- WHAT YOU SHOULD DO -
Please report how many lines in the data underneath hold the word "apart", with no other text.

- DATA PROVIDED -
* * * * * * *
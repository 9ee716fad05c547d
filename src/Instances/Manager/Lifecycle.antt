-- ===== src/Instances/Manager/Lifecycle.antt =====
-- The life of an instance under the operations of crates/instance-manager/src/manager.rs.
use dappy_core.Common.{
  if◌then◌else◌, is_some, match_keeps_eq, if_keeps_eq, eq_of_some-eq, ℕ, ◌≡◌, refl, sym, ap, ◌∙◌,
  subst, inl, inr, Bool, true, false, not, ◌&&◌, some, List, [], ◌∷◌, arith, Bool-cases, ◌==◌,
  nat_eq, string_eq, ==-eq,
}
use dappy_core.Common.HashMap
use dappy_core.Instances.State.{InstanceState, can_transition_to}
use dappy_core.Instances.Manager.Imports.{
  set_state-refused, set_state-allowed, import_from_store-keeps,
}
use dappy_core.Instances.Handle.{Probes, InstanceId, InstanceSpec, InstanceHandle}
use dappy_core.Instances.Manager.{
  Result, InstanceManager, SessionRecord, prune_stale, import_from_store, register, set_state,
  remove, set_control_port, set_pid, write_handle,
}

-- A call that may change the registry. What the operating system, the clock and the store say to a call is
-- part of it.
pub data Call : Type 0 where
  registers : InstanceSpec → Call
  sets_state : InstanceId → InstanceState → Call
  removes : InstanceId → Call
  sets_port sets_pid : InstanceId → ℕ → Call
  prunes : Probes → Call
  imports : (InstanceId → ℕ) → Result (List SessionRecord) → Call

-- The registry after a call, whatever its result.
abbrev pub after_call : Call → InstanceManager → InstanceManager
after_call (registers spec) m = (register m spec).1
after_call (sets_state id next) m = (set_state m id next).1
after_call (removes id) m = (remove m id).1
after_call (sets_port id port) m = (set_control_port m id port).1
after_call (sets_pid id pid) m = (set_pid m id pid).1
after_call (prunes probes) m = (prune_stale probes m).1
after_call (imports now found) m = (import_from_store m now found).1

abbrev pub after_calls : List Call → InstanceManager → InstanceManager
after_calls [] m = m
after_calls (call ∷ calls) m = after_calls calls (after_call call m)

-- The calls that may take the instance away.
abbrev pub removes_id : InstanceId → Call → Bool
removes_id id (removes j) = j == id
removes_id id (prunes probes) = true
removes_id id _ = false

abbrev pub none_removes : InstanceId → List Call → Bool
none_removes id [] = true
none_removes id (call ∷ calls) = not (removes_id id call) && none_removes id calls

-- The life of one instance: a request for a state that the table allows from the present one moves it
-- there, and nothing else moves it.
abbrev pub moved : InstanceId → Call → InstanceState → InstanceState
moved id (sets_state j next) s = if j == id && can_transition_to s next then next else s
moved id _ s = s

abbrev pub life : InstanceId → List Call → InstanceState → InstanceState
life id [] s = s
life id (call ∷ calls) s = life id calls (moved id call s)

-- The instance is there, in this state.
abbrev pub Lives : InstanceManager → InstanceId → InstanceState → Type 0
Lives m id s = (h : InstanceHandle) × (HashMap.get m id ≡ some h) × (h.state ≡ s)

-- A write under some id: this instance has the state that was written, or is another one.
written-Lives :
    (m : InstanceManager) (id j : InstanceId) (h new : InstanceHandle)
    → HashMap.get m id ≡ some h
    → Lives (HashMap.insert m j new) id (if j == id then new.state else h.state)
written-Lives m id j h new here = elim (Bool-cases (j == id)) [
  | inl same ↦ rw same (new, HashMap.get-insert m j id new ∙ rw same refl, refl)
  | inr apart ↦ rw apart (h, HashMap.get-insert m j id new ∙ rw apart here, refl)
]

module _ (m : InstanceManager) (id : InstanceId) (h : InstanceHandle)
    (here : HashMap.get m id ≡ some h) where
  -- A result and a registry in which the instance lives on in its state.
  abbrev Left : {A : Type 0} → Result A × InstanceManager → Type 0
  Left r = Lives r.1 id h.state

  unchanged : Lives m id h.state
  unchanged = (h, here, refl)

  -- A free id is another one.
  free_id : (j : InstanceId) → is_some (HashMap.get m j) ≡ false → (j == id) ≡ false
  free_id j fresh = elim (Bool-cases (j == id)) [
    | inl same ↦
        let gone = subst (λ i. is_some (HashMap.get m i) ≡ false) (==-eq j id same) fresh in
        absurd (ground (arith, gone, here))
    | inr apart ↦ apart
  ]

  -- What stands under the id of the instance is its handle.
  same_handle :
      (j : InstanceId) (old : InstanceHandle)
      → HashMap.get m j ≡ some old
      → (j == id) ≡ true
      → old ≡ h
  same_handle j old there same =
      eq_of_some-eq old h (sym there ∙ ap (HashMap.get m) (==-eq j id same) ∙ here)

  register-Lives : (spec : InstanceSpec) → Left (register m spec)
  unfolding register
  register-Lives spec =
      if_keeps_eq Left (is_some (HashMap.get m spec.id)) _ _ (λ known. unchanged)
        λ fresh. (h, HashMap.get-insert m spec.id id _ ∙ rw (free_id spec.id fresh) here, refl)

  -- A write that keeps the state of what it overwrites.
  rewritten-Lives :
      (j : InstanceId) (old new : InstanceHandle)
      → HashMap.get m j ≡ some old
      → new.state ≡ old.state
      → Lives (HashMap.insert m j new) id h.state
  rewritten-Lives j old new there kept =
      subst (Lives (HashMap.insert m j new) id)
        (elim (Bool-cases (j == id)) [
          | inl same ↦ rw same (kept ∙ ap (λ x. x.state) (same_handle j old there same))
          | inr apart ↦ rw apart refl
        ])
        (written-Lives m id j h new here)

  set_state-Lives :
      (j : InstanceId) (next : InstanceState)
      → Lives (set_state m j next).1 id (moved id (sets_state j next) h.state)
  unfolding set_state write_handle
  set_state-Lives j next = elim (Bool-cases (j == id)) [
    | inl same ↦
        let mine = ap (HashMap.get m) (==-eq j id same) ∙ here in
        elim (Bool-cases (can_transition_to h.state next)) [
          | inl way ↦
              rw (set_state-allowed m j h next mine way, way, same)
                (record h { state = next }, HashMap.get-insert m j id _ ∙ rw same refl, refl)
          | inr no_way ↦ rw (set_state-refused m j h next mine no_way, no_way, same) unchanged
        ]
    | inr apart ↦ rw apart (
        match_keeps_eq Left (HashMap.get m j) _ _ unchanged λ old there.
          if_keeps_eq Left (not (can_transition_to old.state next)) _ _ (λ no_way. unchanged)
            (λ way. (h, HashMap.get-insert m j id _ ∙ rw apart here, refl)))
  ]

  import_from_store-Lives :
      (now : InstanceId → ℕ) (found : Result (List SessionRecord))
      → Left (import_from_store m now found)
  import_from_store-Lives now found =
      import_from_store-keeps (λ n. Lives n id h.state) m now found unchanged
        λ r absent. (
          h,
          HashMap.get-insert m r.instance_id id _
              ∙ rw (free_id r.instance_id (ap is_some absent)) here,
          refl,
        )

  remove-Lives : (j : InstanceId) → (j == id) ≡ false → Left (remove m j)
  unfolding remove
  remove-Lives j apart =
      match_keeps_eq Left (HashMap.get m j) _ _ unchanged
        λ old there. (h, HashMap.get-remove m j id ∙ rw apart here, refl)

  set_control_port-Lives : (j : InstanceId) (port : ℕ) → Left (set_control_port m j port)
  unfolding set_control_port write_handle
  set_control_port-Lives j port =
      match_keeps_eq Left (HashMap.get m j) _ _ unchanged
        (λ old there. rewritten-Lives j old _ there refl)

  set_pid-Lives : (j : InstanceId) (pid : ℕ) → Left (set_pid m j pid)
  unfolding set_pid write_handle
  set_pid-Lives j pid =
      match_keeps_eq Left (HashMap.get m j) _ _ unchanged
        (λ old there. rewritten-Lives j old _ there refl)

  after_call-Lives :
      (call : Call)
      → removes_id id call ≡ false
      → Lives (after_call call m) id (moved id call h.state)
  after_call-Lives (registers spec) keep = register-Lives spec
  after_call-Lives (sets_state j next) keep = set_state-Lives j next
  after_call-Lives (removes j) keep = remove-Lives j keep
  after_call-Lives (sets_port j port) keep = set_control_port-Lives j port
  after_call-Lives (sets_pid j pid) keep = set_pid-Lives j pid
  after_call-Lives (prunes probes) keep = absurd (ground arith)
  after_call-Lives (imports now found) keep = import_from_store-Lives now found

-- An instance that is registered stays so through any calls of which none prunes the registry or removes it,
-- failed calls included, and is then in the state that its life leads to: a request for a state that the
-- table of transitions allows at that time moves it there, and no other call moves it.
pub after_calls-Lives :
    (calls : List Call) (m : InstanceManager) (id : InstanceId) (h : InstanceHandle)
    → HashMap.get m id ≡ some h
    → none_removes id calls ≡ true
    → Lives (after_calls calls m) id (life id calls h.state)
after_calls-Lives [] m id h here keep = (h, here, refl)
after_calls-Lives (call ∷ calls) m id h here keep =
    let (x, there, r) = after_call-Lives m id h here call (ground arith) in
    subst (λ s. Lives (after_calls calls (after_call call m)) id (life id calls s)) r
      (after_calls-Lives calls (after_call call m) id x there (ground arith))
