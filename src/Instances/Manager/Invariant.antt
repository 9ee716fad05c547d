-- ===== src/Instances/Manager/Invariant.antt =====
-- The registry of crates/instance-manager/src/manager.rs keeps each handle under its own id, once.
use dappy_core.Common.{
  eq_of_some-eq, if_keeps, ◌≡◌, refl, sym, ap, ◌∙◌, inl, inr, not, some, List, [], ◌∷◌, Bool-cases,
  ◌==◌, nat_eq, string_eq, ==-eq, is_some, match_keeps_eq,
}
use dappy_core.Common.HashMap.{HashMap, IsMap}
use dappy_core.Common.HashMap
use dappy_core.Instances.State.{can_transition_to, Result}
use dappy_core.Instances.Handle.{InstanceId, InstanceHandle}
use dappy_core.Instances.Manager.{
  InstanceManager, spec_of_record, register, set_state, remove, set_control_port, set_pid,
  write_handle,
}
use dappy_core.Instances.Manager.Pruning.{AllNamed, prune_stale-keeps}
use dappy_core.Instances.Manager.Imports.{import_from_store-keeps}
use dappy_core.Instances.Manager.Lifecycle.{
  Call, prunes, imports, registers, sets_state, removes, sets_port, sets_pid, after_call,
  after_calls,
}

-- No id twice, and every handle under its own id.
pub record IsRegistry (m : InstanceManager) : Type 0 where
  pub once : IsMap m
  pub named : AllNamed m

remove-AllNamed :
    (m : InstanceManager) (id : InstanceId) → AllNamed m → AllNamed (HashMap.remove m id)
unfolding HashMap.remove
remove-AllNamed [] id n = n
remove-AllNamed ((j, h) ∷ m) id n =
    if_keeps AllNamed (j == id) _ _ (remove-AllNamed m id n.1) (n.0, remove-AllNamed m id n.1)

id_of_get :
    (m : InstanceManager) (id : InstanceId) (h : InstanceHandle)
    → AllNamed m
    → HashMap.get m id ≡ some h
    → h.spec.id ≡ id
unfolding HashMap.get
id_of_get [] id h n e = absurd (cc e)
id_of_get ((j, k) ∷ m) id h n e = elim (Bool-cases (j == id)) [
  | inl same ↦
      ap (λ x. x.spec.id) (sym (eq_of_some-eq k h (sym (rw same refl) ∙ e))) ∙ n.0 ∙ ==-eq j id same
  | inr apart ↦ id_of_get m id h n.1 (sym (rw apart refl) ∙ e)
]

insert-IsRegistry :
    (m : InstanceManager) (id : InstanceId) (h : InstanceHandle)
    → h.spec.id ≡ id
    → IsRegistry m
    → IsRegistry (HashMap.insert m id h)
unfolding HashMap.insert
insert-IsRegistry m id h e v = record {
  once = HashMap.insert-IsMap m id h v.once;
  named = (e, remove-AllNamed m id v.named);
}

remove-IsRegistry :
    (m : InstanceManager) (id : InstanceId) → IsRegistry m → IsRegistry (HashMap.remove m id)
remove-IsRegistry m id v = record {
  once = HashMap.remove-IsMap m id v.once;
  named = remove-AllNamed m id v.named;
}

remove_call-IsRegistry :
    (m : InstanceManager) (id : InstanceId) → IsRegistry m → IsRegistry (remove m id).1
unfolding remove
remove_call-IsRegistry m id v =
    match_keeps_eq (λ (x : Result InstanceHandle × InstanceManager). IsRegistry x.1)
      (HashMap.get m id) _ _ v (λ old there. remove-IsRegistry m id v)

module _ (m : InstanceManager) (v : IsRegistry m) where
  abbrev Left : {A : Type 0} → Result A × InstanceManager → Type 0
  Left r = IsRegistry r.1

  write-IsRegistry :
      (id : InstanceId) (old new : InstanceHandle)
      → HashMap.get m id ≡ some old
      → new.spec.id ≡ old.spec.id
      → IsRegistry (HashMap.insert m id new)
  write-IsRegistry id old new there e =
      insert-IsRegistry m id new (e ∙ id_of_get m id old v.named there) v

  after_call-IsRegistry : (call : Call) → IsRegistry (after_call call m)
  unfolding register set_state remove set_control_port set_pid write_handle
  after_call-IsRegistry (registers spec) =
      if_keeps Left (is_some (HashMap.get m spec.id)) _ _ v (insert-IsRegistry m spec.id _ refl v)
  after_call-IsRegistry (sets_state id next) =
      match_keeps_eq Left (HashMap.get m id) _ _ v λ old there.
        if_keeps Left (not (can_transition_to old.state next)) _ _ v
          (write-IsRegistry id old _ there refl)
  after_call-IsRegistry (removes id) = remove_call-IsRegistry m id v
  after_call-IsRegistry (sets_port id port) =
      match_keeps_eq Left (HashMap.get m id) _ _ v
        (λ old there. write-IsRegistry id old _ there refl)
  after_call-IsRegistry (prunes probes) =
      prune_stale-keeps IsRegistry remove_call-IsRegistry probes m v
  after_call-IsRegistry (imports now found) =
      import_from_store-keeps IsRegistry m now found v
        λ r absent. unfold spec_of_record in insert-IsRegistry m r.instance_id _ refl v
  after_call-IsRegistry (sets_pid id pid) =
      match_keeps_eq Left (HashMap.get m id) _ _ v
        (λ old there. write-IsRegistry id old _ there refl)

-- From a registry that holds every handle under its own id, and, being a list here, no id twice, any calls of
-- the methods that change it, prune_stale and import_from_store among them, lead to such a registry.
pub after_calls-IsRegistry :
    (calls : List Call) (m : InstanceManager) → IsRegistry m → IsRegistry (after_calls calls m)
after_calls-IsRegistry [] m v = v
after_calls-IsRegistry (call ∷ calls) m v =
    after_calls-IsRegistry calls (after_call call m) (after_call-IsRegistry m v call)
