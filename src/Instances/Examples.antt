-- ===== src/Instances/Examples.antt =====
-- A registry of crates/instance-manager on which its theorems are applied.
use dappy_core.Common.{
  String, ◌≡◌, refl, true, none, some, List, [], ◌∷◌, if◌then◌else◌, nat_eq, string_eq, and_then,
}
use dappy_core.Common.HashMap
use dappy_core.Instances.State.{
  ok, invalid_transition, err, pending, starting, running, stopped, failed,
}
use dappy_core.Instances.State
use dappy_core.Instances.Handle.{InstanceHandle, InstanceSpec, Probes, is_alive}
use dappy_core.Instances.Handle
use dappy_core.Instances.Manager.{InstanceManager, SessionRecord, import_from_store, prune_stale}
use dappy_core.Instances.Manager.Imports.{import_from_store-fails, state_of}
use dappy_core.Instances.Manager.Pruning.{get-prune_stale}
use dappy_core.Instances.Manager.Lifecycle.{
  imports, Call, registers, sets_state, sets_port, after_calls, Lives, after_calls-Lives,
}
use dappy_core.Instances.Manager.Invariant.{IsRegistry, after_calls-IsRegistry}

abbrev handle_of : String → State.InstanceState → InstanceHandle
handle_of id state = record { spec = Handle.new id 100 "debug"; state = state }

abbrev two_instances : InstanceManager
two_instances = ("a", handle_of "a" running) ∷ ("b", handle_of "b" failed) ∷ []

two_instances-IsRegistry : IsRegistry two_instances
unfolding HashMap.get Handle.new
two_instances-IsRegistry = record { once = (refl, (refl, tt)); named = (refl, (refl, tt)) }

abbrev all_alive : Probes
all_alive = record { pid_alive = λ n. true; port_in_use = λ n. true }

abbrev calls : List Call
calls =
    sets_state "b" starting
    ∷ sets_state "a" starting
    ∷ registers (Handle.new "c" 101 "debug")
    ∷ sets_port "b" 4711
    ∷ imports (λ i. 200) (ok [])
    ∷ []

after_calls-IsRegistry_example : IsRegistry (after_calls calls two_instances)
after_calls-IsRegistry_example = after_calls-IsRegistry calls two_instances two_instances-IsRegistry

after_calls-Lives_example : Lives (after_calls calls two_instances) "b" starting
unfolding HashMap.get
after_calls-Lives_example =
    after_calls-Lives calls two_instances "b" (handle_of "b" failed) refl refl

get-prune_stale_example :
    HashMap.get (prune_stale all_alive two_instances).1 "b"
    ≡ and_then (HashMap.get two_instances "b") (λ h. if is_alive all_alive h then some h else none)
get-prune_stale_example =
    get-prune_stale all_alive two_instances "b" two_instances-IsRegistry.once
      two_instances-IsRegistry.named

abbrev one_record : SessionRecord
one_record = record {
  instance_id = "s1";
  pid = 7;
  control_port = 4711;
  adapter_id = "fake";
  program = some "main.py";
  scope = none;
  parent_id = none;
  started_at_unix = 100;
}

import_from_store-fails_example :
    ((import_from_store two_instances (λ id. 5) (State.ok (one_record ∷ []))).0
      ≡ err (invalid_transition "pending" "running"))
    × (state_of (import_from_store two_instances (λ id. 5) (State.ok (one_record ∷ []))).1 "s1"
        ≡ some pending)
unfolding HashMap.get
import_from_store-fails_example = import_from_store-fails two_instances (λ id. 5) one_record [] refl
* * * * * * *
- WORKED SOLUTION -
8